* [Exercise goal]:
Take the entries below and print, exactly, the stretch from the line containing "filename src/CategoryColumn/RoundTrip.antt" through the line containing "itoa_int-ne-nil (negsuc n) = λ h. cc", both included.

Saved entries
=== Begin Enclosure ===
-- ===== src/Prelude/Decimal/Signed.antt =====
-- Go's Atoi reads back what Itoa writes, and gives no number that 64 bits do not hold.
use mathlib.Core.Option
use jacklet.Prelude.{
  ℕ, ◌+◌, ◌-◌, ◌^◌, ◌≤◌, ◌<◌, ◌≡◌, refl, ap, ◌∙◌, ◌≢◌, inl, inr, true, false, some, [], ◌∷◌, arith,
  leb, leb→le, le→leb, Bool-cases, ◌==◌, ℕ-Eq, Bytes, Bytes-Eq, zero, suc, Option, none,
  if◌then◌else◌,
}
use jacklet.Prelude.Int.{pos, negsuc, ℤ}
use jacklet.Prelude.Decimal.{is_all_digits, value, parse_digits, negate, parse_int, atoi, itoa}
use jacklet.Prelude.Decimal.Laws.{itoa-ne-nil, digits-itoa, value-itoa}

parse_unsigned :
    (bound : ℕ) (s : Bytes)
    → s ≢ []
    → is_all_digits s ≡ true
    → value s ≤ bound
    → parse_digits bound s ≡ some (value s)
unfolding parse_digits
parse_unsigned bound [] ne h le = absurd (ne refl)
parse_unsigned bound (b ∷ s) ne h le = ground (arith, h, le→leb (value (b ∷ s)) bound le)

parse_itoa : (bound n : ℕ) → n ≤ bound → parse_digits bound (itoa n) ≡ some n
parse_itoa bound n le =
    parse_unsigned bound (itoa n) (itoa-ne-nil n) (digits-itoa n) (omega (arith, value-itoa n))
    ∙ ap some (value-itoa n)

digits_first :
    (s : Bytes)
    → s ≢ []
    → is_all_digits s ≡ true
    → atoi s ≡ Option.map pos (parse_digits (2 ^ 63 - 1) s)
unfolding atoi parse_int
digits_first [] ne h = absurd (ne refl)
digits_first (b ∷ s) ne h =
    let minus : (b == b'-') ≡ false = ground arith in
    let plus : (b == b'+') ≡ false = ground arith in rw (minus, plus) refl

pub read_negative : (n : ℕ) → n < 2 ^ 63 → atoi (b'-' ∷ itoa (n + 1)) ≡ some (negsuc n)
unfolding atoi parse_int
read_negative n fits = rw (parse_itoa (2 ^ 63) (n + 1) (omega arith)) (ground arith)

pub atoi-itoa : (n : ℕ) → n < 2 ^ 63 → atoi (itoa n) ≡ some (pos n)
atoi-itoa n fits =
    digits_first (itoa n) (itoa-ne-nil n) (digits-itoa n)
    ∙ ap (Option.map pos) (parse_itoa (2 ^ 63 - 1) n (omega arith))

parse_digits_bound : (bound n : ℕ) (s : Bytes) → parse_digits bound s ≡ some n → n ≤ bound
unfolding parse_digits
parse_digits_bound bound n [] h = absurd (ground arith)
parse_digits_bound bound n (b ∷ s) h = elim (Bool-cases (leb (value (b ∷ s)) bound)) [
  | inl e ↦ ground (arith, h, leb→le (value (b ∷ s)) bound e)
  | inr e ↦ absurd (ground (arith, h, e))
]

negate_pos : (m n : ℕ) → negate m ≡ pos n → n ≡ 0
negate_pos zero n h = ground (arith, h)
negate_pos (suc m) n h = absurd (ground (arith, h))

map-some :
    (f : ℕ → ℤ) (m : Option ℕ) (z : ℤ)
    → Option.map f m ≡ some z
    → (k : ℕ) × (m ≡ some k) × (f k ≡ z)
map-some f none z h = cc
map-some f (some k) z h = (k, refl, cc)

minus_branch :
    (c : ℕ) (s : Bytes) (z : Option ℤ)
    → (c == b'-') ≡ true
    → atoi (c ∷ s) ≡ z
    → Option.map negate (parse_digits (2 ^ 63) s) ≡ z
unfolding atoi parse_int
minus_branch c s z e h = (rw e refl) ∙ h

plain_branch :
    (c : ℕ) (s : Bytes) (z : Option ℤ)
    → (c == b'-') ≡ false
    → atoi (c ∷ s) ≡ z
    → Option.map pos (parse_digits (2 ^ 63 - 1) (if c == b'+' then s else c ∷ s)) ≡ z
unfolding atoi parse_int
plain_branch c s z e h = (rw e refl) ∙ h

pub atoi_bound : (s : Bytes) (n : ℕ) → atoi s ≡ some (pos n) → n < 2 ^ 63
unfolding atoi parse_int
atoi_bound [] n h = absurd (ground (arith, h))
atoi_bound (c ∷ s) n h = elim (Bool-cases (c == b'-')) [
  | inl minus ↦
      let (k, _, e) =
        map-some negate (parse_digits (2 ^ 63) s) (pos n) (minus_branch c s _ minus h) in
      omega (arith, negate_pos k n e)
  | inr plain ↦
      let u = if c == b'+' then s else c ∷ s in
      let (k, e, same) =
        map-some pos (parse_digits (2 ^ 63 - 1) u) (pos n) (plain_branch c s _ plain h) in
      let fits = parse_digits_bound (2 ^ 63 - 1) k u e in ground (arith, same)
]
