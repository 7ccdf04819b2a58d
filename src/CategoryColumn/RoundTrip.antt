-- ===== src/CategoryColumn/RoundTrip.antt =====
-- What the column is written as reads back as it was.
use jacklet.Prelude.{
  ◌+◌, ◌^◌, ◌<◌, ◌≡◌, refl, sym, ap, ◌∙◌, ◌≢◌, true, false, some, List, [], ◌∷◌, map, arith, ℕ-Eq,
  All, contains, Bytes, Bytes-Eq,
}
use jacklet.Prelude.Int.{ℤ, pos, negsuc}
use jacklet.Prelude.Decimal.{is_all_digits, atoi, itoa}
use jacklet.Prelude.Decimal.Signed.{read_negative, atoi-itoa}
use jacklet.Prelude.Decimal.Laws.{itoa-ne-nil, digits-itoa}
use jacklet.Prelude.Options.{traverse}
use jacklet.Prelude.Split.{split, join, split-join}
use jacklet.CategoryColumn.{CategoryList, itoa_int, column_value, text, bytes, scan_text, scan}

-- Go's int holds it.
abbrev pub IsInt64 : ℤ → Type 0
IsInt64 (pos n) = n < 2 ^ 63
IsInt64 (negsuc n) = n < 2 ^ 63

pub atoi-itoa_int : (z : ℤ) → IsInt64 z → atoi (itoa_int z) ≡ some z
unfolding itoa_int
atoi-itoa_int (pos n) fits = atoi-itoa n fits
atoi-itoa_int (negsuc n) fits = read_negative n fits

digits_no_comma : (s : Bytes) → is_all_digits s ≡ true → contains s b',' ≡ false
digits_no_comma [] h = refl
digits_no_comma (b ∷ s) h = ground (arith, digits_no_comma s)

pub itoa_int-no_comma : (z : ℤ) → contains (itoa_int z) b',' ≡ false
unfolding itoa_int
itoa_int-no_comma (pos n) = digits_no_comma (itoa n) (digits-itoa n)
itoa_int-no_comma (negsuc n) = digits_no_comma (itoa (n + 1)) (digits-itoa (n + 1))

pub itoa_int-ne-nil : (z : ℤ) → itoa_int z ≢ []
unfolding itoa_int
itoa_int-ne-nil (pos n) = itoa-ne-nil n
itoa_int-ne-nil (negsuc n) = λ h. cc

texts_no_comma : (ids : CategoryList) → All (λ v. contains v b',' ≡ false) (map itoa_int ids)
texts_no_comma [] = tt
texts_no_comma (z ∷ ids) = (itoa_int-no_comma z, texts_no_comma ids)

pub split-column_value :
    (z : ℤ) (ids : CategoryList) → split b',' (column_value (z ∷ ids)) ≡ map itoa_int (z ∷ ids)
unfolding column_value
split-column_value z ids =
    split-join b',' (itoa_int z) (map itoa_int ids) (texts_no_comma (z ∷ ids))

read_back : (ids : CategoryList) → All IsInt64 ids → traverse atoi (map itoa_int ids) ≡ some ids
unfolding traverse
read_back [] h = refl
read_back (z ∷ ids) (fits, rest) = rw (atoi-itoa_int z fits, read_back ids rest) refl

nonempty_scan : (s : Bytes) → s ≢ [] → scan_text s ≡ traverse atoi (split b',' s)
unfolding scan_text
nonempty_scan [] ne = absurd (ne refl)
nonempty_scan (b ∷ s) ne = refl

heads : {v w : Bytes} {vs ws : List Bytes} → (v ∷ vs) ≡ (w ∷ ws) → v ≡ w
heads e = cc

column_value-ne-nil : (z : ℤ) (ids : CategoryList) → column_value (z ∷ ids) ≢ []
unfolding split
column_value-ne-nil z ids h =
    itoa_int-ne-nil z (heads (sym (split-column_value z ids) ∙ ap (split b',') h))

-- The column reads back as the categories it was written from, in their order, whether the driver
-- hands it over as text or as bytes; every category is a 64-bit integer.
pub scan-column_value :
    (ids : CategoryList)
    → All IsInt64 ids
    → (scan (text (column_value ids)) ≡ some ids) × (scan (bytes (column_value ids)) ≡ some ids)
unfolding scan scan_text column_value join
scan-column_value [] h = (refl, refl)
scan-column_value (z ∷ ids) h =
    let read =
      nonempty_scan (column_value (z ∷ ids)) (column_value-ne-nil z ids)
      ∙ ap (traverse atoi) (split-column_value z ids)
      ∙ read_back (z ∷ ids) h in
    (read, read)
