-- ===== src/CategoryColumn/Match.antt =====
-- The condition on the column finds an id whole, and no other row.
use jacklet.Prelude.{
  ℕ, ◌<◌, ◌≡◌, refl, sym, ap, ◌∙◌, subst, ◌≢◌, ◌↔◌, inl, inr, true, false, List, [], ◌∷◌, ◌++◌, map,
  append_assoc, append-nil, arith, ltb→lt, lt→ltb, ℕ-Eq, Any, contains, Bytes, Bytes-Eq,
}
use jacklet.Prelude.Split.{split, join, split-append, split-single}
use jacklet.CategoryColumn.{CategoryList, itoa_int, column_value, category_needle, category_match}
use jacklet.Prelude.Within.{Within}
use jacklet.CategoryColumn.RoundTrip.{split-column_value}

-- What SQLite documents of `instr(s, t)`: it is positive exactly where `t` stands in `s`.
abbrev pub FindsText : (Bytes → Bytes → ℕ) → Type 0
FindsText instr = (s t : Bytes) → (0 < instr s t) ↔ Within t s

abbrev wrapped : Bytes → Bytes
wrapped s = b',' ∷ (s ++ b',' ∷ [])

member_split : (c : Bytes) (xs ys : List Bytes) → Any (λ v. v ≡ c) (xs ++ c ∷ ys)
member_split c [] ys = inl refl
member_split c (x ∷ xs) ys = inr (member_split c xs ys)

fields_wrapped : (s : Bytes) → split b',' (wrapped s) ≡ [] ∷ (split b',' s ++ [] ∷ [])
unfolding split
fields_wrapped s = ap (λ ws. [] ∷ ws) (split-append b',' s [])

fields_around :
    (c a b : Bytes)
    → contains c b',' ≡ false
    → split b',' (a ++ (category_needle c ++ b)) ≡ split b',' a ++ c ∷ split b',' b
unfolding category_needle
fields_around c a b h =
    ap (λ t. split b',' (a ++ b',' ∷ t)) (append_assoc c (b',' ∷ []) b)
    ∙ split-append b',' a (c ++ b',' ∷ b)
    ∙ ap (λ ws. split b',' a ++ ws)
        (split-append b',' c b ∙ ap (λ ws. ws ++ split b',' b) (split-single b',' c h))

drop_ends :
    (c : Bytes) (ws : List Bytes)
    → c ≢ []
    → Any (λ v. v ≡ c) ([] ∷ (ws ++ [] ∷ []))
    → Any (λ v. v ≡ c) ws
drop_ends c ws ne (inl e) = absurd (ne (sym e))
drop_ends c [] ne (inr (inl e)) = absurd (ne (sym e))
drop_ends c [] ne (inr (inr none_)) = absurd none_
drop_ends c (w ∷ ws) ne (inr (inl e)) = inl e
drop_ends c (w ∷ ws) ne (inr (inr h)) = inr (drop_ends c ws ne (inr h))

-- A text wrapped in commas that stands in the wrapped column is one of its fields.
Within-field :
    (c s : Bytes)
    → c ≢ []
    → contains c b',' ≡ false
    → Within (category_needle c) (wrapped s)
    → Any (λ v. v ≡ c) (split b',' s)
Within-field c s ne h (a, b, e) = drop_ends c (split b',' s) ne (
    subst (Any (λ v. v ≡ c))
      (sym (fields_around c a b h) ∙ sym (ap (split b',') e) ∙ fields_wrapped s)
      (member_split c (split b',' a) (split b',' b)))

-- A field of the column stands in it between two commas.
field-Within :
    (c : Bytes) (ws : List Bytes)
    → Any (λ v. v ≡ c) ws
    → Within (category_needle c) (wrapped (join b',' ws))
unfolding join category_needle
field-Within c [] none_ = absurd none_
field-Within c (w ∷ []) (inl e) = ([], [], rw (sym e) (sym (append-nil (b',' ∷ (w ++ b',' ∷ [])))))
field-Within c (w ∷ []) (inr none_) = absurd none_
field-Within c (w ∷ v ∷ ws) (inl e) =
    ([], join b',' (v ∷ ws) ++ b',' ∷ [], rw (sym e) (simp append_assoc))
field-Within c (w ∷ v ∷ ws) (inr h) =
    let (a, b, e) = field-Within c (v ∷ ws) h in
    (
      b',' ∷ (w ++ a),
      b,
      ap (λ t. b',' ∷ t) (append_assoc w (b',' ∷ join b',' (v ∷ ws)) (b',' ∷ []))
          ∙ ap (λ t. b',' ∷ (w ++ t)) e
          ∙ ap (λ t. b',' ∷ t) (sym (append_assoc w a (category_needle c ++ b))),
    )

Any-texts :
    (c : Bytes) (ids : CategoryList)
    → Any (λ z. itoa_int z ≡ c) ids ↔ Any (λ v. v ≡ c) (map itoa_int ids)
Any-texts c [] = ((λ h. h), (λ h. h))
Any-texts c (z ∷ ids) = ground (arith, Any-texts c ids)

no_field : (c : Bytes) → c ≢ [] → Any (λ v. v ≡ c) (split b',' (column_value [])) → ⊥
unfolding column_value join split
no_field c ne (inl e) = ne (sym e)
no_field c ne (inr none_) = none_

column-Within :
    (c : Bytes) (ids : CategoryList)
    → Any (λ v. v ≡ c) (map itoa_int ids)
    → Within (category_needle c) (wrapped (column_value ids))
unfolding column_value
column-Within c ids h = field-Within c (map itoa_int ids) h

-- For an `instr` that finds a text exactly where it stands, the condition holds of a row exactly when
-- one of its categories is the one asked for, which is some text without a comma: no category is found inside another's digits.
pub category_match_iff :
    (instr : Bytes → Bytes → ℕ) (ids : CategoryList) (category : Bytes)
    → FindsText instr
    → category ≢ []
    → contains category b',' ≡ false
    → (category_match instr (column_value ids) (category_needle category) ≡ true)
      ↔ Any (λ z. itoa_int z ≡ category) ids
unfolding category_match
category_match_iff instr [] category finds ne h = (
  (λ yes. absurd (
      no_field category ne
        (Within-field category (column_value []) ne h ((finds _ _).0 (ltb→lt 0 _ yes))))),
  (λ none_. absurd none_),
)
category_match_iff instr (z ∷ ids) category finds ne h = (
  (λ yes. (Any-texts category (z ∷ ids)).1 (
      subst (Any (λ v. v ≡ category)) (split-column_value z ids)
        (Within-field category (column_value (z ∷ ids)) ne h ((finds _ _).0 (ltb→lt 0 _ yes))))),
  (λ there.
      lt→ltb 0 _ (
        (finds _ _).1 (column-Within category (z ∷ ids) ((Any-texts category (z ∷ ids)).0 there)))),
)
=== End Enclosure ===
* [The answer]:
filename src/CategoryColumn/RoundTrip.antt
-- ===== src/CategoryColumn/RoundTrip.antt =====
-- What the column is written as reads back as it was.
use jacklet.Prelude.{
  ◌+◌, ◌^◌, ◌<◌, ◌≡◌, refl, sym, ap, ◌∙◌, ◌≢◌, true, false, some, List, [], ◌∷◌, map, arith, ℕ-Eq,
  All, contains, Bytes, Bytes-Eq,
}
use jacklet.Prelude.Int.{ℤ, pos, negsuc}
use jacklet.Prelude.Decimal.{is_all_digits, atoi, itoa}
use jacklet.Prelude.Decimal.Signed.{read_negative, atoi-itoa}
use jacklet.Prelude.Decimal.Laws.{itoa-ne-nil, digits-itoa}
use jacklet.Prelude.Options.{traverse}
use jacklet.Prelude.Split.{split, join, split-join}
use jacklet.CategoryColumn.{CategoryList, itoa_int, column_value, text, bytes, scan_text, scan}

-- Go's int holds it.
abbrev pub IsInt64 : ℤ → Type 0
IsInt64 (pos n) = n < 2 ^ 63
IsInt64 (negsuc n) = n < 2 ^ 63

pub atoi-itoa_int : (z : ℤ) → IsInt64 z → atoi (itoa_int z) ≡ some z
unfolding itoa_int
atoi-itoa_int (pos n) fits = atoi-itoa n fits
atoi-itoa_int (negsuc n) fits = read_negative n fits

digits_no_comma : (s : Bytes) → is_all_digits s ≡ true → contains s b',' ≡ false
digits_no_comma [] h = refl
digits_no_comma (b ∷ s) h = ground (arith, digits_no_comma s)

pub itoa_int-no_comma : (z : ℤ) → contains (itoa_int z) b',' ≡ false
unfolding itoa_int
itoa_int-no_comma (pos n) = digits_no_comma (itoa n) (digits-itoa n)
itoa_int-no_comma (negsuc n) = digits_no_comma (itoa (n + 1)) (digits-itoa (n + 1))

pub itoa_int-ne-nil : (z : ℤ) → itoa_int z ≢ []
unfolding itoa_int
itoa_int-ne-nil (pos n) = itoa-ne-nil n
itoa_int-ne-nil (negsuc n) = λ h. cc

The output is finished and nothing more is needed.